Musing on ageing at gigs like this is inevitable, particularly as the album in question dwells on death (dedicated to their first bassist, who died before it came out) wasting time (‘A Third Of My Life’ proving particularly poignant), and of artists and bands who never quite made it (‘Sweeping The Nation’).

After years of being quite tousled and curly, James P has had his hair cut to match his photo on the album sleeve a decade ago – ‘a Hoxton fin’ as it was. And he really does look exactly the same.  Singer Shirley Lee is still skinny as a rake (shaking his enviable hips in ‘A Trip Into Space’). The gig also has a school reunion feel about it, with people I’ve not seen for ten years saying hello. Naturally they ask what I’m doing now. And I look at my shoes and try to think what the answer is.

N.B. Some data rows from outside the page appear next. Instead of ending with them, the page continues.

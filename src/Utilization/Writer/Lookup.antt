-- ===== src/Utilization/Writer/Lookup.antt =====
-- What the lookup of a row by its durable identity finds after the changes of
-- chief-of-staff/backend/app/motive/vehicle_utilization_writer.py were set on a row.
use mathlib.Core.Option
use polaris_lab.Base.{
  ℕ, true, Bool-cases, Option-cases, ◌==◌, if◌then◌else◌, Option, none, some, List, [], ◌∷◌, ◌≡◌,
  refl, sym, ◌∙◌, ap, arith, inl, inr,
}
use polaris_lab.Outcome.{ok}
use polaris_lab.Python.Decimal.{Decimal}
use polaris_lab.Utilization.Rollup.{Metrics, Rollup}
use polaris_lab.Utilization.Writer.Store.{Row, Field, Database, set_field, set_in_rows}
use polaris_lab.Utilization.Writer.Plan.{
  Key, matches, existing_row, Changes, compute_mutable_field_changes,
}
use polaris_lab.Utilization.Writer.Stage.{set_fields}
use polaris_lab.Utilization.Writer.Keeps.{with_metrics}
use polaris_lab.Utilization.Writer.Replay.{AreSame}
use polaris_lab.Utilization.Writer.Fields.{applied, AreExact, applied-AreSame}

self : (n : ℕ) → (n == n) ≡ true
self n = ground arith

module _ (db : Database) where
  abbrev set_at : ℕ → Field → Option Decimal → Row → Row
  set_at id f v row = if row.id == id then set_field db f v row else row

  matches-set_at :
      (k : Key) (id : ℕ) (f : Field) (v : Option Decimal) (row : Row)
      → matches k (set_at id f v row) ≡ matches k row
  unfolding set_field
  matches-set_at k id f v row = elim (Bool-cases (row.id == id)) [
    | inl h ↦ rw h refl
    | inr h ↦ rw h refl
  ]

  found_or : Option Row → Key → Row → Option Row
  found_or (some found) k row = some found
  found_or none k row = if matches k row then some row else none

  existing_row-eq :
      (k : Key) (row : Row) (rows : List Row)
      → existing_row k (row ∷ rows) ≡ found_or (existing_row k rows) k row
  unfolding existing_row found_or
  existing_row-eq k row rows = elim (Option-cases (existing_row k rows)) [
    | inl e ↦ rw e refl
    | inr (found, e) ↦ rw e refl
  ]

  found_or-set_at :
      (o : Option Row) (k : Key) (id : ℕ) (f : Field) (v : Option Decimal) (row : Row)
      → found_or (Option.map (set_at id f v) o) k (set_at id f v row)
        ≡ Option.map (set_at id f v) (found_or o k row)
  unfolding found_or
  found_or-set_at (some found) k id f v row = refl
  found_or-set_at none k id f v row =
      rw (matches-set_at k id f v row)
        (elim (Bool-cases (matches k row)) [ inl h ↦ rw h refl | inr h ↦ rw h refl ])

  existing_row-set_in_rows :
      (k : Key) (id : ℕ) (f : Field) (v : Option Decimal) (rows : List Row)
      → existing_row k (set_in_rows db id f v rows)
        ≡ Option.map (set_at id f v) (existing_row k rows)
  unfolding existing_row set_in_rows
  existing_row-set_in_rows k id f v [] = refl
  existing_row-set_in_rows k id f v (row ∷ rows) =
      existing_row-eq k (set_at id f v row) (set_in_rows db id f v rows)
      ∙ ap (λ o. found_or o k (set_at id f v row)) (existing_row-set_in_rows k id f v rows)
      ∙ found_or-set_at (existing_row k rows) k id f v row
      ∙ ap (Option.map (set_at id f v)) (sym (existing_row-eq k row rows))

  set_at-here :
      (f : Field) (v : Option Decimal) (row : Row) → set_at row.id f v row ≡ set_field db f v row
  set_at-here f v row = rw (self row.id) refl

  -- The lookup finds the row with the new metrics.
  set_fields-found :
      (k : Key) (changes : Changes) (row : Row) (rows : List Row)
      → existing_row k rows ≡ some row
      → existing_row k (set_fields db row.id changes rows)
        ≡ some (with_metrics row (applied db changes row.value.metrics))
  unfolding set_fields set_field
  set_fields-found k [] row rows h = h
  set_fields-found k ((f, v) ∷ changes) row rows h =
      set_fields-found k changes (set_field db f v row) (set_in_rows db row.id f v rows) (
        existing_row-set_in_rows k row.id f v rows
        ∙ ap (Option.map (set_at row.id f v)) h
        ∙ ap some (set_at-here f v row))

-- When the columns keep the rollup's metrics, setting the changes that were computed for the row at a
-- key makes the lookup at that key find the same row, with the rollup's metrics and every other column
-- as before.
pub set_fields-reconciles :
    (db : Database) (k : Key) (r : Rollup) (row : Row) (changes : Changes) (rows : List Row)
    → AreExact db r.metrics
    → existing_row k rows ≡ some row
    → compute_mutable_field_changes row.value r ≡ ok changes
    → (m : Metrics) × (existing_row k (set_fields db row.id changes rows)
        ≡ some (with_metrics row m))
      × AreSame m r.metrics
unfolding compute_mutable_field_changes
set_fields-reconciles db k r row changes rows exact here computed = (
  applied db changes row.value.metrics,
  set_fields-found db k changes row rows here,
  applied-AreSame db row.value.metrics r.metrics exact changes computed,
)
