-- ===== src/Utilization/Tests/Writes.antt =====
-- The writer at the fleet of the tests.
use polaris_lab.Base.{Option, ◌+◌, ◌≡◌, refl, [], ◌∷◌, length}
use polaris_lab.Outcome.{ok}
use polaris_lab.Python.Text.{strip}
use polaris_lab.Utilization.UnitPolicy.{unit_persistence_readiness}
use polaris_lab.Utilization.Writer.{WriteResult, write_result, prepare, save, write}
use polaris_lab.Utilization.Writer.Store.{
  Field, utilization_percent, idle_time, driving_time, idle_fuel, driving_fuel, Row, Session,
  add_row, set_in_rows, set_field,
}
use polaris_lab.Utilization.Writer.Validate.{
  for_each, validate_request_context, normalize_ids, validate_selected_vehicle_ids,
  validate_rollup_structure, validate_rollup_organization_context, validate_rollup_request_window,
  validate_no_duplicates, validate_returned_vehicle, validate_unit_context,
  validate_parser_and_source, validate_batch,
}
use polaris_lab.Utilization.Writer.Plan.{
  Key, Changes, existing_row, compute_mutable_field_changes, field_changes, decimal_differs,
  empty_plan, vehicle_for, resolve_tenant_vehicles, existing_row_context_compatible, plan_writes,
}
use polaris_lab.Utilization.Writer.Stage.{add_rows, set_fields, reconcile_rows}
use polaris_lab.Utilization.Writer.Checks.{IsValid}
use polaris_lab.Utilization.Writer.Atomic.{IsAtomic, write-IsAtomic}
use polaris_lab.Utilization.Writer.Written.{write-IsValid}
use polaris_lab.Utilization.Writer.Accounting.{write-accounts}
use polaris_lab.Utilization.Writer.Keeps.{AreKept}
use polaris_lab.Utilization.Writer.Frame.{write-AreKept}
use polaris_lab.Utilization.Writer.Replay.{AreSame, AreHeld, write-held}
use polaris_lab.Python.Decimal.{Decimal, finite, eqb}
use polaris_lab.Base.{some}
use polaris_lab.Base.Int.{pos}
use polaris_lab.Utilization.Rollup.{Rollup, Metrics}
use polaris_lab.Utilization.Writer.Keeps.{with_metrics}
use polaris_lab.Utilization.Writer.Fields.{changes-differs, AreExact}
use polaris_lab.Utilization.Writer.Lookup.{set_fields-reconciles}
use polaris_lab.Utilization.Tests.Data.{
  exact_database, batch, session, session_after, result_after, row, vehicle, unread, rollup,
  half_used,
}

write_runs : write exact_database batch session ≡ (ok result_after, session_after)
unfolding write prepare save strip unit_persistence_readiness for_each validate_request_context
    normalize_ids validate_selected_vehicle_ids validate_rollup_structure
    validate_rollup_organization_context validate_rollup_request_window validate_no_duplicates
    validate_returned_vehicle validate_unit_context validate_parser_and_source validate_batch
    vehicle_for resolve_tenant_vehicles existing_row existing_row_context_compatible decimal_differs
    field_changes compute_mutable_field_changes plan_writes add_rows set_fields reconcile_rows
    add_row set_in_rows
write_runs = refl

write-IsAtomic_example : IsAtomic exact_database batch session (write exact_database batch session)
write-IsAtomic_example = write-IsAtomic exact_database (λ st s. tt) batch session

write-IsValid_example : IsValid batch
write-IsValid_example =
    write-IsValid exact_database batch session result_after session_after write_runs

write-accounts_example :
    (result_after.requested_vehicle_count ≡ length batch.selected_provider_vehicle_ids)
    × (result_after.returned_rollup_count ≡ length batch.rollups)
    × (result_after.records_inserted + result_after.records_unchanged + result_after.records_updated
        ≡ length batch.rollups)
    × (result_after.missing_requested_vehicle_count + length batch.rollups
        ≡ length batch.selected_provider_vehicle_ids)
    × (length session_after.committed ≡ length session.working + result_after.records_inserted)
write-accounts_example =
    write-accounts exact_database batch session result_after session_after write_runs

-- A row of another tenant, and an older reading of vehicle 7 on the same day.
abbrev foreign_row : Row
foreign_row = record {
  id = 5;
  value = record row.value { organization_id = "other"; metrics = unread };
}

abbrev older_row : Row
older_row = record { id = 6; value = record row.value { metrics = unread } }

abbrev used_session : Session
used_session = record {
  vehicles = vehicle ∷ [];
  committed = foreign_row ∷ older_row ∷ [];
  working = foreign_row ∷ older_row ∷ [];
}

abbrev reconciled_session : Session
reconciled_session = record {
  vehicles = vehicle ∷ [];
  committed = foreign_row ∷ record { id = 6; value = row.value } ∷ [];
  working = foreign_row ∷ record { id = 6; value = row.value } ∷ [];
}

abbrev reconciled_result : WriteResult
reconciled_result = record result_after {
  records_inserted = 0;
  records_updated = 1;
  reconciled_fields_count = 1;
}

rewrite_runs : write exact_database batch used_session ≡ (ok reconciled_result, reconciled_session)
unfolding write prepare save strip unit_persistence_readiness for_each validate_request_context
    normalize_ids validate_selected_vehicle_ids validate_rollup_structure
    validate_rollup_organization_context validate_rollup_request_window validate_no_duplicates
    validate_returned_vehicle validate_unit_context validate_parser_and_source validate_batch
    vehicle_for resolve_tenant_vehicles existing_row existing_row_context_compatible decimal_differs
    field_changes compute_mutable_field_changes plan_writes add_rows set_fields reconcile_rows
    add_row set_in_rows set_field
rewrite_runs = refl

write-AreKept_example : AreKept "org" used_session.working reconciled_session.committed
write-AreKept_example =
    write-AreKept exact_database batch used_session reconciled_result reconciled_session
      ((refl, tt), (tt, tt)) rewrite_runs

batch_is_held : AreHeld "org" "slug" session_after.working ((rollup, 3) ∷ [])
unfolding existing_row existing_row_context_compatible decimal_differs eqb
batch_is_held = (record { row = row; found = refl; compatible = refl; metrics = same }, tt)
  where
    same : AreSame half_used half_used
    same utilization_percent = refl
    same idle_time = refl
    same driving_time = refl
    same idle_fuel = refl
    same driving_fuel = refl

write-held_example : write exact_database batch session_after ≡ (
  ok (write_result batch ("7" ∷ []) (record empty_plan { unchanged_count = 1 })),
  session_after,
)
unfolding strip unit_persistence_readiness for_each validate_request_context normalize_ids
    validate_selected_vehicle_ids validate_rollup_structure validate_rollup_organization_context
    validate_rollup_request_window validate_no_duplicates validate_returned_vehicle
    validate_unit_context validate_parser_and_source validate_batch vehicle_for
    resolve_tenant_vehicles
write-held_example =
    write-held exact_database batch session_after ("7" ∷ []) ((rollup, 3) ∷ []) (λ statement. refl)
      refl refl batch_is_held

abbrev day_key : Key
day_key = record {
  organization_id = "org";
  motive_vehicle_id = 3;
  request_window_start = some 20;
  request_window_end = some 20;
}

abbrev one_change : Changes
one_change = (utilization_percent, some (finite (pos 125) 1)) ∷ []

is_exact : AreExact exact_database half_used
unfolding decimal_differs eqb
is_exact utilization_percent = refl
is_exact idle_time = refl
is_exact driving_time = refl
is_exact idle_fuel = refl
is_exact driving_fuel = refl

set_fields-reconciles_example :
    (m : Metrics) × (existing_row day_key
        (set_fields exact_database 6 one_change used_session.working)
      ≡ some (with_metrics older_row m))
    × AreSame m half_used
unfolding existing_row compute_mutable_field_changes field_changes decimal_differs
set_fields-reconciles_example =
    set_fields-reconciles exact_database day_key rollup older_row one_change used_session.working
      is_exact refl refl

-- What a column with four fractional digits keeps of 0.12345.
abbrev rounded_row : Row
rounded_row = record {
  id = 6;
  value = record row.value { metrics = record unread { idle_fuel = some (finite (pos 1235) 4) } };
}

abbrev fine_rollup : Rollup
fine_rollup = record rollup { metrics = record unread { idle_fuel = some (finite (pos 12345) 5) } }

changes-differs_example :
    (c : Field × Option Decimal) × (changes : Changes) × (compute_mutable_field_changes
        rounded_row.value fine_rollup
      ≡ ok (c ∷ changes))
unfolding decimal_differs eqb
changes-differs_example = changes-differs rounded_row.value fine_rollup idle_fuel refl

Another old problem of mine recurs tonight. My body clock’s out of whack and I decide to go to bed during the afternoon rather than turn up at the gig with wilting eyelids. The alarm fails and I’m woken at 8pm by Charlie M. She’s in the ICA waiting for me, I’m still in bed in Highgate. A speedy dress and a Tube ride later, Ms M is very forgiving. But I’m mortified and angry at myself. I’ve spent too much of my life not just sleeping, but sleeping at all the wrong times. I’m hoping this diary entry, the first after yet another hiatus, will finally signify getting back on track. With everything.